The Mozilla Foundation has added a number of new features for its Firefox web browser, including a new free-of-charge desktop password manager called Firefox Lockwise.
Mozilla it should be remembered, already launched its Lockbox password manager for Android and iOS devices last year to help mobile users manage website passwords.
And now Firefox Lockwise has been made been made available as an extension to the Firefox browsers.
Mozilla revealed the development in a blog posting which emphasised the growing focus on privacy.
“This past year, we’ve seen tech companies talk a big game about privacy as they’re realizing that, after several global scandals, people feel increasingly vulnerable,” wrote Mozilla. “It’s unfortunate that this shift had to happen in order for tech companies to take notice.
“At Firefox, we’re doing more than that,” it said. “We believe that in order to truly protect people, we need to establish a new standard that puts people’s privacy first. At Firefox, we have been working on setting this standard by offering privacy-related features, like Tracking Protection in Private Browsing, long before these issues were brought to light.”
Mozilla highlighted the arrival of a Firefox desktop extension for Lockwise, a way to keep passwords safe across all platforms, and Firefox Monitor’s new dashboard to manage multiple email addresses.

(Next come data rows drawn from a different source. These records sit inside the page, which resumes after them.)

-- ===== src/Connections/Manager/Counted.antt =====
-- The counter of a pool.
use net_soc_ops.Prelude.{
  ℕ, ◌≤◌, String, ◌≡◌, inl, inr, Option, [], ◌∷◌, length, length-append, leb, arith, Bool-cases,
  Option-cases,
}
use net_soc_ops.Connections.Manager.{ConnectionPool, Pool, lookup, get_or_create}

-- The counter is the number of connections.
abbrev pub IsCounted : Pool → Type 0
IsCounted p = p.current_connections ≡ length p.connections

-- From a pool that is counted right and not over its limit, a request for a connection, whatever
-- the outcome of the connect, leads to such a pool.
pub get_or_create-IsCounted :
    (now : ℕ) (config : ConnectionPool) (connected : Option ℕ) (host : String) (p : Pool)
    → IsCounted p
    → p.current_connections ≤ config.max_connections
    → IsCounted (get_or_create now config connected host p).1
      × ((get_or_create now config connected host p).1.current_connections ≤ config.max_connections)
unfolding get_or_create
get_or_create-IsCounted now config connected host p h le =
    elim (Option-cases (lookup host p.connections)) [
      | inr (conn, e) ↦ (rw (e, get_or_create) h, rw (e, get_or_create) le)
      | inl e ↦ elim (Bool-cases (leb config.max_connections p.current_connections)) [
        | inl full ↦ (rw (e, get_or_create) (rw full h), rw (e, get_or_create) (rw full le))
        | inr room ↦ elim (Option-cases connected) [
          | inl k ↦
              (rw (e, get_or_create) (rw room (rw k h)), rw (e, get_or_create) (rw room (rw k le)))
          | inr (conn, k) ↦ (
            rw (e, get_or_create)
                (rw room
                  (rw k (rw (length-append p.connections ((host, conn) ∷ [])) (omega (arith, h))))),
            rw (e, get_or_create) (rw room (rw k (ground arith))),
          )
        ]
      ]
    ]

A video of Lockwise is available here.
“Last Summer, we brought you Firefox Lockbox for iOS, and in March of this year we announced both Firefox Lockbox for Android and an iPad-optimized version to expand the ecosystem,” said Mozilla. “One of the top most requested features from users was to find a way to manage their passwords.”
“Today, we are rolling out a Firefox desktop extension that offers this feature and completes this product family we are now calling Firefox Lockwise,” it wrote.

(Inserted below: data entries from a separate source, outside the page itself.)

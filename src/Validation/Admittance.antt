-- ===== src/Validation/Admittance.antt =====
-- An external admission that is taken, and the theorem at it.
use coldsnap.Base.{
  false, String, ◌≡◌, refl, Result, ok, raised, ℤ, pos, Float, finite, Json, end, field, str, int,
  float, obj, string_eq,
}
use coldsnap.Validation.Stats.{ValidationError, invalid_external_admission}
use coldsnap.Validation.Records.{last_of}
use coldsnap.Validation.Payloads.{Admission}
use coldsnap.Validation.Admissions.{
  Conversions, item, int_item, require_str, require_int, require_identity, content_of,
  diagnostics_of, details_of, normalize_external_admission,
}
use coldsnap.Validation.Admitted.{normalize_external_admission-says}

abbrev int_of : Json → Result ValidationError ℤ
int_of (int n) = ok n
int_of _ = raised invalid_external_admission

abbrev float_of : Json → Result ValidationError Float
float_of (float x) = ok x
float_of _ = raised invalid_external_admission

abbrev text_of : Json → String
text_of (str s) = s
text_of _ = ""

abbrev conversions : Conversions
conversions = record {
  float_is = λ x n. false;
  to_int = int_of;
  to_float = float_of;
  to_str = text_of;
}

abbrev validation : Json
validation = obj (
    field "record" (str "weights.json") (
      field "provider" (str "sha256-cache-v1") (
        field "device" (int (pos 1)) (
          field "inode" (int (pos 2)) (
            field "size" (int (pos 2)) (
              field "mtime_ns" (int (pos 3)) (
                field "ctime_ns" (int (pos 4)) (
                  field "uid" (int (pos 0)) (
                    field "gid" (int (pos 0)) (
                      field "mode" (int (pos 384)) (
                        field "reason" (str "cached_validation") (
                          field "content_evidence" (str "cached-full-sha256") (
                            field "bytes_hashed" (int (pos 0))
                              (field "seconds" (float (finite (pos 1) (pos 0))) end))))))))))))))

abbrev answer : Json
answer = obj (
    field "format" (int (pos 1)) (
      field "kind" (str "coldsnap-payload-validation-result") (
        field "decision" (str "accept") (
          field "path" (str "weights") (
            field "bytes" (int (pos 2))
              (field "sha256" (str "sha256:00") (field "validation" validation end)))))))

abbrev admitted : Admission
admitted = record {
  reason = "cached_validation";
  content_evidence = "cached-full-sha256";
  bytes_hashed = pos 0;
  seconds = finite (pos 1) (pos 0);
  marker = "weights.json";
  content = record { device = pos 1; inode = pos 2; size = pos 2; mtime_ns = pos 3 };
  diagnostics = record { ctime_ns = pos 4; uid = pos 0; gid = pos 0; mode = pos 384 };
}

takes :
    normalize_external_admission conversions "weights" "weights.json" "sha256:00" (pos 2) answer
    ≡ ok admitted
unfolding normalize_external_admission item int_item require_identity require_str require_int
    content_of diagnostics_of details_of last_of
takes = refl

refuses_other_path :
    normalize_external_admission conversions "other" "weights.json" "sha256:00" (pos 2) answer
    ≡ raised invalid_external_admission
unfolding normalize_external_admission item require_identity require_str require_int last_of
refuses_other_path = refl

normalize_external_admission-says_example :
    (v : Json) × (item "validation" answer ≡ ok v)
    × (item "decision" answer ≡ ok (str "accept"))
    × (item "path" answer ≡ ok (str "weights"))
    × (item "sha256" answer ≡ ok (str "sha256:00"))
    × (item "record" v ≡ ok (str "weights.json"))
    × (content_of conversions v ≡ ok admitted.content)
    × (admitted.content.size ≡ pos 2)
    × (admitted.marker ≡ "weights.json")
normalize_external_admission-says_example =
    normalize_external_admission-says conversions "weights" "weights.json" "sha256:00" (pos 2)
      answer admitted takes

“As part of the Firefox Lockwise product suite, formerly known as Firefox Lockbox, the desktop extension will give you more control over your stored passwords with shared access from every device,” said the community.
“With the new desktop extension, Firefox Lockwise will provide an additional touchpoint to store, edit and access your passwords. The extension provides an enhanced experience for your saved logins, which will allow you to more easily manage and interact with your stored passwords in Firefox.”
Other privacy developments include a new interface for Firefox Monitor, which Mozilla launched last year to help users see if their login details have been leaked as part of a data breach.
The new dashboard lets the user monitor multiple email addresses, and receive alerts to a primary email address if any of them appear in lists of leaked data.
The other major privacy development is Firefox’s Enhanced Tracking Protection (which was previously an optional setting), will soon be enabled by default. It will block cookies by default from known third party trackers identified by Diconnect.
It said this would make it harder for over a thousand companies to track people’s every move, without their explicit permission.